Das Ticket für das folgenreiche Praktikum in Brüssel bekam Albrecht durch ein Stipendium. Das Erasmus-Programm, mit dem jährlich 200.000 Studierende quer durch Europa verschickt werden. In diesen Tagen wird Erasmus 25 Jahre alt. Insgesamt sind knapp 3 Millionen Stipendiaten seit Beginn des Programms durch Europas Universitäten getourt.
Zahlreiche Stipendiaten bleiben in ihrem Gastland hängen oder kehren später wieder zurück – sei es aus beruflichen Gründen oder weil sie während ihres Auslandsaufenthalts die Liebe ihres Lebens gefunden haben. Andere bleiben zwar in ihrem Heimatland, suchen sich aber Jobs, die mit vielen internationalen Kontakten verbunden sind. „Mit einem Erasmus-Aufenthalt wird man nicht unbedingt ein besserer Mathematiker, wohl aber ein besserer Europäer. Man entwickelt eine höhere interkulturelle Sensibilität“, sagt Bernd Wächter vom europäischen Dachverband der akademischen Austauschdienste.
Genau das hatte der Gründungsvater, der damalige EU-Kommissionspräsident Jacques Delors, im Sinn, als er Mitte der 80er Jahre die Einführung eines solchen Austauschprogramms vorschlug. Er versprach sich davon eine Annäherung der jungen Menschen in der EU, ein stärkeres Zusammenwachsen. Und die Europäische Union lässt sich das seitdem einiges kosten. In der laufenden Haushaltsperiode (2007 bis 2013) hat die EU insgesamt 3 Milliarden Euro für das Programm vorgesehen.
Allerdings sind es im Verhältnis immer noch recht wenige junge Leute, die diese Chance nutzen. In Deutschland liegt die Erasmus-Rate bei gerade mal etwas mehr als einem Prozent der Gesamtzahl von Studierenden. Immerhin ist die Zahl in den vergangenen Jahren stetig angestiegen. Im Studienjahr 2010/2011 berichtete die EU-Kommission von einem neuen Rekord von EU-weit über 230.000 Studierenden, die ins Ausland gegangen sind.
Nicolas Beucker hat das schon 1996 gewagt. Ihn zog es von Essen, wo er Industriedesign studierte, nach Barcelona. Er wählte mit Spanien das beliebteste Erasmus-Zielland vor Frankreich und Deutschland. Der heute 41-Jährige erlebt dort sechs Monate lang das, was der Kinofilm „l’auberge espagnole“ erst Jahre später erzählte: eine Wohngemeinschaft mit Menschen aus mehreren europäischen Ländern, viel Partyleben, aber auch wichtige Eindrücke für sein Studium und seine Karriere: „Ich habe erst in Barcelona die Stadtplanung für mich so richtig entdeckt. Ich war fasziniert von der Hingabe, mit der die Spanier zum Beispiel Bänke oder Bushaltestellen gestaltet haben.“
Heute profitieren seine Studierenden an der Hochschule Niederrhein von seiner Erfahrung. Als Dekan des Fachbereichs Design fördert er bewusst Auslandsaufenthalte. „Die Anerkennung von Studienleistungen im Ausland ist bei uns gar kein Problem. Es muss nicht immer genau das sein, was wir hier lehren. Es muss einfach passen. Wir entscheiden darüber in der Gruppe, sodass kein einzelner Professor das blockieren kann.“
Nach wie vor gilt aber, dass Studienleistungen während der Erasmus-Zeit oft nur schwer anerkannt werden.

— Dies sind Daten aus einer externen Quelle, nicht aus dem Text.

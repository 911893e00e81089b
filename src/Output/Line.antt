-- ===== src/Output/Line.antt =====
-- The line that `print_packet` of crates/netdump-cli/src/main.rs prints of a packet.
use netdump.Base.{
  ℕ, zero, suc, ◌+◌, ◌*◌, Bool, true, false, ◌&&◌, Option, none, some, List, [], ◌∷◌, ◌++◌, ltb,
  leb, ◌==◌, if◌then◌else◌, length, bit_and, byte_at, u16_be, u32_be,
}
use netdump.Base.Text.{codes, decimal}
use netdump.Core.{Packet, PacketMeta, PacketInfo}
use netdump.Args.{Args}
use netdump.Output.Hex.{hex_byte}
use netdump.Output.Names.{protocol_name, format_tcp_flags, format_mac}
use netdump.Output.Stamp.{PktCtx, right_aligned}
use netdump.Output.Addr.{format_addr}

abbrev pub is_empty {ℓ} : {A : Type ℓ} → List A → Bool
is_empty [] = true
is_empty (x ∷ xs) = false

abbrev pub join : ℕ → List (List ℕ) → List ℕ
join c [] = []
join c (s ∷ []) = s
join c (s ∷ t ∷ ss) = s ++ (c ∷ join c (t ∷ ss))

-- The bytes from one place up to another.
abbrev pub range_of : ℕ → ℕ → List ℕ → List ℕ
range_of start zero bytes = []
range_of start (suc n) bytes = byte_at bytes start ∷ range_of (start + 1) n bytes

abbrev pub is_number : ℕ → Option ℕ → Bool
is_number n none = false
is_number n (some k) = n == k

abbrev pub or_zero : Option ℕ → ℕ
or_zero none = 0
or_zero (some n) = n

abbrev pub u16_at : List ℕ → ℕ → ℕ
u16_at bytes i = u16_be (byte_at bytes i) (byte_at bytes (i + 1))

abbrev pub u32_at : List ℕ → ℕ → ℕ
u32_at bytes i =
    u32_be (byte_at bytes i) (byte_at bytes (i + 1)) (byte_at bytes (i + 2)) (byte_at bytes (i + 3))

-- The length of the IPv4 header that the packet's own field gives.
abbrev pub ihl : List ℕ → ℕ
ihl bytes = bit_and (byte_at bytes 14) 0x0f * 4

abbrev pub ipv4_details : List ℕ → List (List ℕ)
ipv4_details bytes =
    if leb (14 + ihl bytes) (length bytes)
    then (codes "ttl " ++ decimal (byte_at bytes 22))
      ∷ (codes "id "
          ++ (decimal (u16_at bytes 18)
              ++ (codes ",offset "
                  ++ (decimal (bit_and (u16_at bytes 20) 0x1fff)
                      ++ (44 ∷ (if bit_and (byte_at bytes 20) 0x20 == 0 then [] else 43 ∷ []))))))
      ∷ []
    else []

abbrev pub net_details : Option ℕ → List ℕ → List (List ℕ)
net_details ethertype bytes =
    if is_number 0x0800 ethertype && leb 34 (length bytes)
    then ipv4_details bytes
    else (if is_number 0x86dd ethertype && leb 54 (length bytes)
        then (codes "hlim " ++ decimal (byte_at bytes 21)) ∷ []
        else [])

abbrev pub tcp_at : ℕ → List ℕ → List (List ℕ)
tcp_at tcp_start bytes =
    if leb (tcp_start + 20) (length bytes)
    then format_tcp_flags (byte_at bytes (tcp_start + 13))
      ∷ (codes "seq "
          ++ (decimal (u32_at bytes (tcp_start + 4))
              ++ (codes " ack "
                  ++ (decimal (u32_at bytes (tcp_start + 8))
                      ++ (codes " win " ++ decimal (u16_at bytes (tcp_start + 14)))))))
      ∷ []
    else []

abbrev pub tcp_details : PacketInfo → List ℕ → List (List ℕ)
tcp_details info bytes =
    if is_number 6 info.protocol && leb 34 (length bytes)
    then tcp_at (14 + (if is_number 0x0800 info.ethertype then ihl bytes else 40)) bytes
    else []

abbrev pub details_of : PacketInfo → List ℕ → List (List ℕ)
details_of info bytes =
    if leb 14 (length bytes) then net_details info.ethertype bytes ++ tcp_details info bytes else []

abbrev pub with_details : List ℕ → List (List ℕ) → List ℕ
with_details line [] = line
with_details line (d ∷ details) = line ++ (32 ∷ join 32 (d ∷ details))

module _ (args : Args) where
  abbrev pub source_text : PacketInfo → List ℕ
  source_text info = format_addr info.src_ip info.src_port (leb 1 args.no_resolve)

  abbrev pub destination_text : PacketInfo → List ℕ
  destination_text info = format_addr info.dst_ip info.dst_port (leb 1 args.no_resolve)

  abbrev pub len_text : PacketMeta → List ℕ
  len_text meta = codes "len=" ++ decimal meta.cap_len

  abbrev pub num_prefix : PktCtx → List ℕ
  num_prefix ctx = if args.packet_number then right_aligned 4 ctx.num ++ codes "  " else []

  -- The line of `-q`.
  abbrev pub quiet_line : List ℕ → PktCtx → PacketMeta → Option PacketInfo → List ℕ
  quiet_line ts ctx meta none = num_prefix ctx ++ (ts ++ (codes " [unknown] " ++ len_text meta))
  quiet_line ts ctx meta (some info) =
      num_prefix ctx
      ++ ((if is_empty ts then [] else ts ++ codes " ")
          ++ (protocol_name (or_zero info.protocol)
              ++ (32 ∷ source_text info
                  ++ (codes " > " ++ (destination_text info ++ (32 ∷ len_text meta))))))

  abbrev pub time_part : List ℕ → PktCtx → List (List ℕ)
  time_part ts ctx =
      if is_empty ts
      then (if args.packet_number then decimal ctx.num ∷ [] else [])
      else (num_prefix ctx ++ ts) ∷ []

  abbrev pub link_part : List ℕ → List (List ℕ)
  link_part bytes =
      if args.link_header && leb 14 (length bytes)
      then (format_mac (range_of 6 6 bytes)
          ++ (codes " > "
              ++ (format_mac (range_of 0 6 bytes)
                  ++ (codes " ethertype 0x"
                      ++ (hex_byte (byte_at bytes 12) ++ hex_byte (byte_at bytes 13))))))
        ∷ []
      else []

  abbrev pub info_part : List ℕ → Option PacketInfo → List ℕ
  info_part bytes none = codes "[unknown]"
  info_part bytes (some info) =
      with_details
        (source_text info
          ++ (codes " > "
              ++ (destination_text info ++ (32 ∷ protocol_name (or_zero info.protocol)))))
        (if ltb 0 args.verbose then details_of info bytes else [])

  abbrev pub full_line : List ℕ → PktCtx → Packet → Option PacketInfo → List ℕ
  full_line ts ctx packet info = join 32 (
      time_part ts ctx
      ++ (link_part packet.bytes ++ (info_part packet.bytes info ∷ len_text packet.meta ∷ [])))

Meist „verlieren“ die Studierenden ein oder zwei Semester, gewinnen aber in anderen Bereichen: „Während meiner Zeit im Ausland hat sich eine ganz neue Perspektive für mich ergeben. Ich habe mich grundsätzlich gefragt, wie ich mein Leben gestalten will“, sagt der EU-Abgeordnete Jan Philipp Albrecht. Für ihn war nach den sechs Monaten in Brüssel klar, dass er sich europäisch orientieren will.

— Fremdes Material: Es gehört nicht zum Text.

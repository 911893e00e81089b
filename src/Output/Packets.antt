-- ===== src/Output/Packets.antt =====
-- `print_packet` of crates/netdump-cli/src/main.rs: what it prints of a packet, and the context that
-- it leaves. The width of the terminal and what etherparse slices are parameters.
use netdump.Base.{
  ℕ, zero, suc, ◌-◌, ◌*◌, ◌/◌, ◌&&◌, ◌||◌, Option, none, some, List, [], ◌∷◌, ◌++◌, ltb, leb, ◌==◌,
  if◌then◌else◌,
}
use netdump.Core.{Packet, SlicedPacket, parse_packet}
use netdump.Output.Hex.{chunks, ascii_column, format_hex, format_hex_ascii}
use netdump.Output.Stamp.{PktCtx, show_time, seen_at}
use netdump.Args.{Args}
use netdump.Output.Line.{join, quiet_line, full_line}

-- What the `ioctl` for the size of the terminal gives: its columns, where it succeeds.
abbrev pub terminal_width : Option ℕ → ℕ
terminal_width none = 80
terminal_width (some ws_col) = if ltb 0 ws_col then ws_col else 80

-- `(w as f64 * 0.85) as usize`, which is this for every width that a `u16` holds.
abbrev pub most_of : ℕ → ℕ
most_of w = w * 85 / 100

abbrev pub clamp : ℕ → ℕ → ℕ → ℕ
clamp lowest highest n = if ltb n lowest then lowest else (if ltb highest n then highest else n)

unfoldable pub hex_bytes_per_line : ℕ → ℕ
hex_bytes_per_line term_width =
    let target = most_of term_width in
    let max_n = if ltb 12 target then (target - 12) / 3 else 16 in clamp 16 64 (max_n / 16 * 16)

abbrev pub ascii_lines : List (List ℕ) → List (List ℕ)
ascii_lines [] = []
ascii_lines (chunk ∷ cs) = ascii_column chunk ∷ ascii_lines cs

abbrev pub format_ascii : List ℕ → ℕ → List ℕ
format_ascii payload bpl = join 10 (ascii_lines (chunks bpl payload))

-- `data.get(n..)`.
abbrev pub get_from : ℕ → List ℕ → Option (List ℕ)
get_from zero bytes = some bytes
get_from (suc n) [] = none
get_from (suc n) (b ∷ bytes) = get_from n bytes

module _ (slice : List ℕ → Option SlicedPacket) (term_width : ℕ) (args : Args) where
  abbrev pub do_hex : List ℕ → List ℕ
  do_hex payload =
      let bpl = hex_bytes_per_line term_width in
      (if ltb 0 args.hex then format_hex payload bpl else [])
      ++ (if ltb 0 args.hex_ascii then format_hex_ascii payload bpl else [])

  abbrev pub hex_of : Option (List ℕ) → List ℕ
  hex_of none = []
  hex_of (some payload) = do_hex payload

  -- With `-xx` or `-XX` the link-level header too.
  abbrev pub hex_part : List ℕ → List ℕ
  hex_part bytes =
      if ltb 0 args.hex || ltb 0 args.hex_ascii
      then (if leb 2 args.hex || leb 2 args.hex_ascii
          then do_hex bytes
          else hex_of (get_from 14 bytes))
      else []

  abbrev pub ascii_of : Option (List ℕ) → List ℕ
  ascii_of none = []
  ascii_of (some []) = []
  ascii_of (some (b ∷ payload)) =
      format_ascii (b ∷ payload) (clamp 64 512 (most_of term_width)) ++ (10 ∷ [])

  abbrev pub ascii_part : List ℕ → List ℕ
  ascii_part bytes = if args.ascii && args.hex_ascii == 0 then ascii_of (get_from 14 bytes) else []

  abbrev pub printed : Packet → PktCtx → List ℕ
  printed packet ctx =
      let ts = show_time args.timestamp_format packet.meta ctx in
      let info = parse_packet slice packet.bytes in
      if args.quiet
      then quiet_line args ts ctx packet.meta info ++ (10 ∷ [])
      else full_line args ts ctx packet info
        ++ (10 ∷ hex_part packet.bytes ++ ascii_part packet.bytes)

  unfoldable pub print_packet : Packet → PktCtx → List ℕ × PktCtx
  print_packet packet ctx = (printed packet ctx, seen_at packet.meta ctx)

Ein Erasmus-Aufenthalt kann durchaus Vorteile fürs Berufsleben bringen. Zwar gibt es keine verlässlichen Studien, aber in Befragungen sagen über die Hälfte der Stipendiaten, dass der Auslandsaufenthalt dabei geholfen hat, den ersten Job nach dem Studium zu finden. Die Europäische Kommission will das Programm nun weiter ausbauen.
Ab 2014 soll es einen neuen Namen – „Erasmus für alle“ – tragen. Die EU-Behörde wünscht sich dafür eine Aufstockung der finanziellen Mittel auf 17,3 Milliarden für die kommenden sieben Jahre. Damit soll sich die Anzahl der Stipendiaten verdoppeln.
Dem müssen aber, auch so ist Europa, die 27 EU-Mitgliedstaaten erst noch zustimmen.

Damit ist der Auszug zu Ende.